DateUtils.truncate(fecha, Calendar.DAY_OF_MONTH).equals(fecha)

No need for parsing, formatting or 3rd parties libraries. You can easily do:

Calendar c = ...
c.setTime(date);
//this doesn't care about nanos
if(c.get(Calendar.HOUR_OF_DAY) + c.get(Calendar.MINUTE) + c.get(Calendar.SECOND) > 0) {
....
}

PD: I do this with 1000-25.000 objects and doesn't seem to jeopardize the performance, but of course will all depend on where and why you want to do this

You could possibly use Google's DateTime library for validation.

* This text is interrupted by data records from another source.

-- ===== src/Pipeline/Tests.antt =====
-- A root logger with two file sinks, on a disk whose first call fails.
use sim_logger.Prelude.{
  ℕ, if◌then◌else◌, ◌==◌, zero, suc, Bool, true, false, [], ◌∷◌, Option, some, ◌≡◌, refl, pos,
  Bytes, codes, bytes_eq,
}
use sim_logger.Level.{warn, info, is_at_least}
use sim_logger.LogRecord.{LogRecord}
use sim_logger.Logger.{Logger, Heap, new_logger, add_sink, fetch, lock, modify, log}
use sim_logger.Logger.Effective.{
  IsHierarchy, DecidesLevel, DecidesSinks, DecidesFlush, overridden, topmost,
}
use sim_logger.Formatter.{Printed, format, format_from, append_token, until_close}
use sim_logger.FileSink.{format_record}
use sim_logger.Pipeline.{Files, file_sinks}
use sim_logger.Pipeline.Lines.{IsReady, Appends, log-Appends}

abbrev root : Logger
root = add_sink 4 (add_sink 3 (new_logger (codes "root")))

abbrev heap : Heap
heap = some root ∷ []

heap-IsHierarchy : IsHierarchy heap
unfolding fetch add_sink new_logger
heap-IsHierarchy zero p l e up = cc
heap-IsHierarchy (suc i) p l e up = cc

root_here : fetch heap 0 ≡ some root
unfolding fetch
root_here = refl

root_level : DecidesLevel heap root info
unfolding add_sink new_logger lock
root_level = topmost refl refl

root_sinks : DecidesSinks heap root (3 ∷ 4 ∷ [])
unfolding add_sink new_logger
root_sinks = overridden refl

root_flush : DecidesFlush heap root false
unfolding add_sink new_logger lock
root_flush = topmost refl refl

abbrev names : ℕ → Bytes
names k = if k == 3 then codes "a.log" else codes "b.log"

abbrev files : Files
files = record {
  sink = λ k. record {
    path = names k;
    formatter = record { pattern = codes "{msg}"; tokens = codes "msg" ∷ [] };
    durable_flush = false;
    file = some (names k);
    bytes_written = 0;
  };
  disk = record { files = []; calls = 0 };
}

abbrev first_fails : ℕ → Bool
first_fails i = i == 0

abbrev nothing_short : ℕ → ℕ
nothing_short i = 0

abbrev prints : ℕ → Option Printed
prints x = some (record { text = codes "0"; behind = [] })

abbrev hashes : ℕ → ℕ
hashes x = x

abbrev sample : LogRecord ℕ ℕ
sample = record {
  level = warn;
  sim_time = 1;
  met = 2;
  wall_time_ns = pos 3;
  thread_id = 4;
  file = codes "a.cpp";
  line = 5;
  function = codes "f";
  logger_name = codes "root";
  tags = [];
  message = codes "hot";
}

files-IsReady : IsReady prints hashes sample files
unfolding format_record format format_from append_token until_close bytes_eq
files-IsReady = record {
  name = names;
  line = λ k. codes "hot";
  stream = λ k. refl;
  shown = λ k. refl;
}

log-Appends_example :
    (is_at_least warn info ≡ false
      → log (file_sinks prints hashes first_fails nothing_short) heap 0 root warn sample files
        ≡ some (heap, files))
    × (is_at_least warn info ≡ true
        → (out : Files × ℕ) × (log
              (file_sinks prints hashes first_fails nothing_short)
              heap
              0
              root
              warn
              sample
              files
            ≡ some (modify heap 0 (λ l. record l { sink_failures_count = out.1 }), out.0))
          × Appends files-IsReady.name files-IsReady.line
              (3 ∷ 4 ∷ [])
              files
              root.sink_failures_count
              out)
log-Appends_example =
    log-Appends prints hashes first_fails nothing_short heap 0 root info (3 ∷ 4 ∷ []) warn sample
      files files-IsReady heap-IsHierarchy root_here root_level root_sinks root_flush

It has parseDateTime and parseDate methods that will throw NumberFormatException if they're not formatted correctly.

Then, you could do...

try {
   DateTime someVar = DateTime.parseDate("your_date_as_a_string");
} catch (java.lang.NumberFormatException nfe) {
  // This isn't a date...
}

try {
   DateTime someVar = DateTime.parseDateTime("your_date_as_a_string");
} catch (java.lang.NumberFormatException nfe) {
  // This isn't a date/time...
}

I understand that you're actually dealing with java.sql.Date and java.sql.Timestamp instances as obtained from a JDBC ResultSet while they are declared against their superclass java.util.Date , right?

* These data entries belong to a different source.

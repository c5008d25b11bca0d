-- ===== src/Prune/Tests.antt =====
-- Three rotated files of which two are kept.
use sim_logger.Prelude.{
  ◌≤◌, ◌≢◌, length, ℕ, Bool, false, List, [], ◌∷◌, none, map, ◌≡◌, refl, arith, Bytes, codes,
  bytes_eq,
}
use sim_logger.Rotation.{
  parse_rotation_suffix, strip_prefix, is_timestamp, all_digits, is_digit, parse_seq, parse_digits,
}
use sim_logger.Disk.{Disk, File, get}
use sim_logger.Prune.{Candidate, candidates, victims, prune, sort, insert, before, bytes_lt}
use sim_logger.Prune.Limited.{names}
use sim_logger.Prune.Spared.{prune_spares}
use sim_logger.Prune.Reads.{IsOther, Reads}
use sim_logger.Prune.Newest.{Split, IsPath, Deleted, seen, prune_keeps_newest}

abbrev never_fails : ℕ → Bool
never_fails i = false

abbrev nothing_short : ℕ → ℕ
nothing_short i = 0

abbrev file : Bytes → File
file n = record { name = n; content = codes "text" }

abbrev disk : Disk
disk = record {
  files =
      file (codes "a.log.20240102_030406")
      ∷ file (codes "a.log")
      ∷ file (codes "a.log.20240102_030405.2")
      ∷ file (codes "a.log.20240102_030405")
      ∷ [];
  calls = 0;
}

-- The number is missing in the oldest name.
oldest :
    map (λ c. c.path) (victims 2 (codes "a.log") (map (λ f. f.name) disk.files))
    ≡ codes "a.log.20240102_030405" ∷ []
unfolding victims candidates sort insert before bytes_lt bytes_eq parse_rotation_suffix strip_prefix
    is_timestamp all_digits is_digit parse_seq parse_digits
oldest = refl

prune_keeps_newest_example :
    ((cs : List Candidate) × Reads (codes "a.log") (seen never_fails nothing_short disk) cs
      × Split 2 cs (victims 2 (codes "a.log") (seen never_fails nothing_short disk)))
    × ((n : Bytes)
        → Deleted never_fails nothing_short n
            (victims 2 (codes "a.log") (seen never_fails nothing_short disk))
            disk.files
            (prune never_fails nothing_short 2 (codes "a.log") disk).files)
    × (((i : ℕ) → never_fails i ≡ false)
        → (n : Bytes) → IsPath n (victims 2 (codes "a.log") (seen never_fails nothing_short disk))
        → get n (prune never_fails nothing_short 2 (codes "a.log") disk).files ≡ none)
prune_keeps_newest_example =
    prune_keeps_newest never_fails nothing_short 2 (codes "a.log") disk (λ e. omega (arith, e))

abbrev limit : ℕ
limit = 2

prune_spares_example :
    ((n : Bytes)
      → IsOther (codes "a.log") n
      → get n (prune never_fails nothing_short 2 (codes "a.log") disk).files ≡ get n disk.files)
    × (get (codes "a.log") (prune never_fails nothing_short 2 (codes "a.log") disk).files
        ≡ get (codes "a.log") disk.files)
    × (limit ≢ 0
        → ((i : ℕ) → never_fails i ≡ false)
        → (cs : List Candidate) × Reads
            (codes "a.log")
            (names (prune never_fails nothing_short 2 (codes "a.log") disk).files)
            cs
          × (length cs ≤ 2))
prune_spares_example = prune_spares never_fails nothing_short 2 (codes "a.log") disk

In that case, just use instanceof .

if (date instanceof java.sql.Date) {
    // It was originally a DATE.
} else if (date instanceof java.sql.Timestamp) {
    // It was originally a TIMESTAMP (DATETIME).
}

Though I agree with the solutions posted here regarding modding the raw time value to see if it has a time portion, as Dmitri said, the flaw is that if the Date value has a time portion of exactly midnight, there's no way to tell.

So, thinking a bit laterally here, you could presumably create your own class that extends Date which has a member variable boolean called "isDateTime". Then, when you initially load in your date or datetime value, set that boolean to true or false depending on whether it's a datetime or not.